### What you need to do:
Each entry is to be retyped exactly as it stands.

### Input data:
-- ===== src/Exit/Tick/Order.antt =====
-- What a round may do to a position: which sales it queues, in which order, and how often.
use automatamain.Base.{ℕ, ◌≡◌, inl, inr, refl, arith, Bool, false, Bool-cases}
use automatamain.Base.Float.{Float}
use automatamain.Exit.Types.{Position, SmartBuyConfig, ExitTpProfile}
use automatamain.Exit.Tick.Rule.{or_next}
use automatamain.Exit.Tick.Observe.{View}
use automatamain.Exit.Tick.Stops.{
  count_decay, track_flush, momentum_decay_rule, time_kill_rule, stop_loss_rule,
}
use automatamain.Exit.Tick.Profits.{
  tp1_rule, tp2_rule, tp3_rule, tp4_rule, tp5_rule, ceiling_rule, trailing_rule, upgrade_protection,
  take_profit_rule,
}
use automatamain.Exit.Tick.Flags.{
  level, WhileOpen, Answers, SaleFor, Answers-later, or_next-Answers, same_pending, unless_pending,
  prepare-SameFlags,
}
use automatamain.Exit.Tick.{prepare, ask_rules, tick}

module _ {F : Type 0} ⦃fl : Float F⦄ where
  momentum_decay-Answers :
      (cfg : SmartBuyConfig F) (v : View F) (p : Position F)
      → Answers p (momentum_decay_rule cfg v p)
  unfolding momentum_decay_rule count_decay track_flush Answers SaleFor level
  momentum_decay-Answers cfg v p = ground arith

  time_kill-Answers :
      (cfg : SmartBuyConfig F) (v : View F) (p : Position F) → Answers p (time_kill_rule cfg v p)
  unfolding time_kill_rule Answers SaleFor level
  time_kill-Answers cfg v p = ground arith

  stop_loss-Answers :
      (cfg : SmartBuyConfig F) (v : View F) (p : Position F) → Answers p (stop_loss_rule cfg v p)
  unfolding stop_loss_rule Answers SaleFor level
  stop_loss-Answers cfg v p = ground arith

  ceiling-Answers :
      (cfg : SmartBuyConfig F) (tp : ExitTpProfile F) (v : View F) (p : Position F)
      → Answers p (ceiling_rule cfg tp v p)
  unfolding ceiling_rule Answers SaleFor level
  ceiling-Answers cfg tp v p = ground arith

  trailing-Answers :
      (cfg : SmartBuyConfig F) (v : View F) (p : Position F) → Answers p (trailing_rule cfg v p)
  unfolding trailing_rule Answers SaleFor level
  trailing-Answers cfg v p = ground arith

  upgrade_protection-Answers :
      (tp : ExitTpProfile F) (v : View F) (p : Position F) → Answers p (upgrade_protection tp v p)
  unfolding upgrade_protection Answers SaleFor level
  upgrade_protection-Answers tp v p = ground arith

  tp1-Answers :
      (tp : ExitTpProfile F) (v : View F) (p : Position F)
      → p.pending_partial_sell ≡ false
      → Answers p (tp1_rule tp v p)
  unfolding tp1_rule Answers SaleFor level
  tp1-Answers tp v p h = ground arith

  tp2-Answers :
      (tp : ExitTpProfile F) (v : View F) (p : Position F)
      → p.pending_partial_sell ≡ false
      → Answers p (tp2_rule tp v p)
  unfolding tp2_rule Answers SaleFor level
  tp2-Answers tp v p h = ground arith

  tp3-Answers :
      (cfg : SmartBuyConfig F) (tp : ExitTpProfile F) (v : View F) (p : Position F)
      → p.pending_partial_sell ≡ false
      → Answers p (tp3_rule cfg tp v p)
  unfolding tp3_rule Answers SaleFor level
  tp3-Answers cfg tp v p h = ground arith

  tp4-Answers :
      (cfg : SmartBuyConfig F) (tp : ExitTpProfile F) (v : View F) (p : Position F)
      → p.pending_partial_sell ≡ false
      → Answers p (tp4_rule cfg tp v p)
  unfolding tp4_rule Answers SaleFor level
  tp4-Answers cfg tp v p h = ground arith

  tp5-Answers :
      (cfg : SmartBuyConfig F) (tp : ExitTpProfile F) (v : View F) (p : Position F)
      → p.pending_partial_sell ≡ false
      → Answers p (tp5_rule cfg tp v p)
  unfolding tp5_rule Answers SaleFor level
  tp5-Answers cfg tp v p h = ground arith

  take_levels :
      (cfg : SmartBuyConfig F) (tp : ExitTpProfile F) (v : View F) (p : Position F)
      → p.pending_partial_sell ≡ false
      → Answers p (
          or_next
            (or_next
              (or_next (or_next (tp1_rule tp v p) (tp2_rule tp v)) (tp3_rule cfg tp v))
              (tp4_rule cfg tp v))
            (tp5_rule cfg tp v))
  take_levels cfg tp v p h =
      or_next-Answers p _ _
        (or_next-Answers p _ _
          (or_next-Answers p _ _
            (or_next-Answers p _ _ (tp1-Answers tp v p h)
              (λ q same. tp2-Answers tp v q (same_pending p q h same)))
            (λ q same. tp3-Answers cfg tp v q (same_pending p q h same)))
          (λ q same. tp4-Answers cfg tp v q (same_pending p q h same)))
        (λ q same. tp5-Answers cfg tp v q (same_pending p q h same))

  take_profit-Answers :
      (cfg : SmartBuyConfig F) (tp : ExitTpProfile F) (v : View F) (p : Position F)
      → Answers p (take_profit_rule cfg tp v p)
  unfolding take_profit_rule
  take_profit-Answers cfg tp v p =
      unless_pending p.pending_partial_sell p _ (take_levels cfg tp v p)

  ask_rules-Answers :
      (cfg : SmartBuyConfig F) (v : View F) (p : Position F) → Answers p (ask_rules cfg v p)
  unfolding ask_rules
  ask_rules-Answers cfg v p =
      or_next-Answers p _ _
        (or_next-Answers p _ _
          (or_next-Answers p _ _
            (or_next-Answers p _ _
              (or_next-Answers p _ _
                (or_next-Answers p _ _ (momentum_decay-Answers cfg v p)
                  (λ q same. time_kill-Answers cfg v q))
                (λ q same. stop_loss-Answers cfg v q))
              (λ q same. ceiling-Answers cfg _ v q))
            (λ q same. trailing-Answers cfg v q))
          (λ q same. upgrade_protection-Answers _ v q))
        (λ q same. take_profit-Answers cfg _ v q)

  asked-Answers :
      (cfg : SmartBuyConfig F) (t : ℕ) (rpc : Bool) (p : Position F) → Answers p (tick cfg t rpc p)
  unfolding tick
  asked-Answers cfg t rpc p =
      let (q, v) = prepare cfg t rpc p in
      unless_pending p.is_closing p (ask_rules cfg v q) (λ h.
        Answers-later p q (ask_rules cfg v q) (prepare-SameFlags cfg t rpc p)
          (ask_rules-Answers cfg v q))

  tick-WhileOpen :
      (cfg : SmartBuyConfig F) (t : ℕ) (rpc : Bool) (p : Position F)
      → WhileOpen p (tick cfg t rpc p)
  unfolding tick
  tick-WhileOpen cfg t rpc p = elim (Bool-cases p.is_closing) [
    | inl closing ↦ inr (rw (tick, closing) refl)
    | inr still_open ↦ inl still_open
  ]

  -- A round leaves a position that is closing just as it is, and queues nothing for it. For any other,
  -- without a sale the marks of the levels and of the ceiling, the closing and the sale in flight stay
  -- as they are; a sale of level n starts with no partial sale in flight and n unmarked, and marks n
  -- and no other; a sale at the ceiling likewise marks the ceiling alone; both leave the position open
  -- and a partial sale in flight. Any other sale is of everything, leaves the position closing, and
  -- changes neither marks nor what is in flight.
  pub tick-Answers :
      (cfg : SmartBuyConfig F) (t : ℕ) (rpc : Bool) (p : Position F)
      → WhileOpen p (tick cfg t rpc p) × Answers p (tick cfg t rpc p)
  tick-Answers cfg t rpc p = (tick-WhileOpen cfg t rpc p, asked-Answers cfg t rpc p)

### Exercise solution:
-- ===== src/Exit/Tick/Order.antt =====
-- What a round may do to a position: which sales it queues, in which order, and how often.
use automatamain.Base.{ℕ, ◌≡◌, inl, inr, refl, arith, Bool, false, Bool-cases}
use automatamain.Base.Float.{Float}
use automatamain.Exit.Types.{Position, SmartBuyConfig, ExitTpProfile}
use automatamain.Exit.Tick.Rule.{or_next}
use automatamain.Exit.Tick.Observe.{View}
use automatamain.Exit.Tick.Stops.{
  count_decay, track_flush, momentum_decay_rule, time_kill_rule, stop_loss_rule,
}
use automatamain.Exit.Tick.Profits.{
  tp1_rule, tp2_rule, tp3_rule, tp4_rule, tp5_rule, ceiling_rule, trailing_rule, upgrade_protection,
  take_profit_rule,
}
use automatamain.Exit.Tick.Flags.{
  level, WhileOpen, Answers, SaleFor, Answers-later, or_next-Answers, same_pending, unless_pending,
  prepare-SameFlags,
}
use automatamain.Exit.Tick.{prepare, ask_rules, tick}

module _ {F : Type 0} ⦃fl : Float F⦄ where
  momentum_decay-Answers :
      (cfg : SmartBuyConfig F) (v : View F) (p : Position F)
      → Answers p (momentum_decay_rule cfg v p)
  unfolding momentum_decay_rule count_decay track_flush Answers SaleFor level
  momentum_decay-Answers cfg v p = ground arith

  time_kill-Answers :
      (cfg : SmartBuyConfig F) (v : View F) (p : Position F) → Answers p (time_kill_rule cfg v p)
  unfolding time_kill_rule Answers SaleFor level
  time_kill-Answers cfg v p = ground arith

  stop_loss-Answers :
      (cfg : SmartBuyConfig F) (v : View F) (p : Position F) → Answers p (stop_loss_rule cfg v p)
  unfolding stop_loss_rule Answers SaleFor level
  stop_loss-Answers cfg v p = ground arith

  ceiling-Answers :
      (cfg : SmartBuyConfig F) (tp : ExitTpProfile F) (v : View F) (p : Position F)
      → Answers p (ceiling_rule cfg tp v p)
  unfolding ceiling_rule Answers SaleFor level
  ceiling-Answers cfg tp v p = ground arith

  trailing-Answers :
      (cfg : SmartBuyConfig F) (v : View F) (p : Position F) → Answers p (trailing_rule cfg v p)
  unfolding trailing_rule Answers SaleFor level
  trailing-Answers cfg v p = ground arith

  upgrade_protection-Answers :
      (tp : ExitTpProfile F) (v : View F) (p : Position F) → Answers p (upgrade_protection tp v p)
  unfolding upgrade_protection Answers SaleFor level
  upgrade_protection-Answers tp v p = ground arith

  tp1-Answers :
      (tp : ExitTpProfile F) (v : View F) (p : Position F)
      → p.pending_partial_sell ≡ false
      → Answers p (tp1_rule tp v p)
  unfolding tp1_rule Answers SaleFor level
  tp1-Answers tp v p h = ground arith

  tp2-Answers :
      (tp : ExitTpProfile F) (v : View F) (p : Position F)
      → p.pending_partial_sell ≡ false
      → Answers p (tp2_rule tp v p)
  unfolding tp2_rule Answers SaleFor level
  tp2-Answers tp v p h = ground arith

  tp3-Answers :
      (cfg : SmartBuyConfig F) (tp : ExitTpProfile F) (v : View F) (p : Position F)
      → p.pending_partial_sell ≡ false
      → Answers p (tp3_rule cfg tp v p)
  unfolding tp3_rule Answers SaleFor level
  tp3-Answers cfg tp v p h = ground arith

  tp4-Answers :
      (cfg : SmartBuyConfig F) (tp : ExitTpProfile F) (v : View F) (p : Position F)
      → p.pending_partial_sell ≡ false
      → Answers p (tp4_rule cfg tp v p)
  unfolding tp4_rule Answers SaleFor level
  tp4-Answers cfg tp v p h = ground arith

  tp5-Answers :
      (cfg : SmartBuyConfig F) (tp : ExitTpProfile F) (v : View F) (p : Position F)
      → p.pending_partial_sell ≡ false
      → Answers p (tp5_rule cfg tp v p)
  unfolding tp5_rule Answers SaleFor level
  tp5-Answers cfg tp v p h = ground arith

  take_levels :
      (cfg : SmartBuyConfig F) (tp : ExitTpProfile F) (v : View F) (p : Position F)
      → p.pending_partial_sell ≡ false
      → Answers p (
          or_next
            (or_next
              (or_next (or_next (tp1_rule tp v p) (tp2_rule tp v)) (tp3_rule cfg tp v))
              (tp4_rule cfg tp v))
            (tp5_rule cfg tp v))
  take_levels cfg tp v p h =
      or_next-Answers p _ _
        (or_next-Answers p _ _
          (or_next-Answers p _ _
            (or_next-Answers p _ _ (tp1-Answers tp v p h)
              (λ q same. tp2-Answers tp v q (same_pending p q h same)))
            (λ q same. tp3-Answers cfg tp v q (same_pending p q h same)))
          (λ q same. tp4-Answers cfg tp v q (same_pending p q h same)))
        (λ q same. tp5-Answers cfg tp v q (same_pending p q h same))

  take_profit-Answers :
      (cfg : SmartBuyConfig F) (tp : ExitTpProfile F) (v : View F) (p : Position F)
      → Answers p (take_profit_rule cfg tp v p)
  unfolding take_profit_rule
  take_profit-Answers cfg tp v p =
      unless_pending p.pending_partial_sell p _ (take_levels cfg tp v p)

  ask_rules-Answers :
      (cfg : SmartBuyConfig F) (v : View F) (p : Position F) → Answers p (ask_rules cfg v p)
  unfolding ask_rules
  ask_rules-Answers cfg v p =
      or_next-Answers p _ _
        (or_next-Answers p _ _
          (or_next-Answers p _ _
            (or_next-Answers p _ _
              (or_next-Answers p _ _
                (or_next-Answers p _ _ (momentum_decay-Answers cfg v p)
                  (λ q same. time_kill-Answers cfg v q))
                (λ q same. stop_loss-Answers cfg v q))
              (λ q same. ceiling-Answers cfg _ v q))
            (λ q same. trailing-Answers cfg v q))
          (λ q same. upgrade_protection-Answers _ v q))
        (λ q same. take_profit-Answers cfg _ v q)

  asked-Answers :
      (cfg : SmartBuyConfig F) (t : ℕ) (rpc : Bool) (p : Position F) → Answers p (tick cfg t rpc p)
  unfolding tick
  asked-Answers cfg t rpc p =
      let (q, v) = prepare cfg t rpc p in
      unless_pending p.is_closing p (ask_rules cfg v q) (λ h.
        Answers-later p q (ask_rules cfg v q) (prepare-SameFlags cfg t rpc p)
          (ask_rules-Answers cfg v q))

  tick-WhileOpen :
      (cfg : SmartBuyConfig F) (t : ℕ) (rpc : Bool) (p : Position F)
      → WhileOpen p (tick cfg t rpc p)
  unfolding tick
  tick-WhileOpen cfg t rpc p = elim (Bool-cases p.is_closing) [
    | inl closing ↦ inr (rw (tick, closing) refl)
    | inr still_open ↦ inl still_open
  ]

  -- A round leaves a position that is closing just as it is, and queues nothing for it. For any other,
  -- without a sale the marks of the levels and of the ceiling, the closing and the sale in flight stay
  -- as they are; a sale of level n starts with no partial sale in flight and n unmarked, and marks n
  -- and no other; a sale at the ceiling likewise marks the ceiling alone; both leave the position open
  -- and a partial sale in flight. Any other sale is of everything, leaves the position closing, and
  -- changes neither marks nor what is in flight.
  pub tick-Answers :
      (cfg : SmartBuyConfig F) (t : ℕ) (rpc : Bool) (p : Position F)
      → WhileOpen p (tick cfg t rpc p) × Answers p (tick cfg t rpc p)
  tick-Answers cfg t rpc p = (tick-WhileOpen cfg t rpc p, asked-Answers cfg t rpc p)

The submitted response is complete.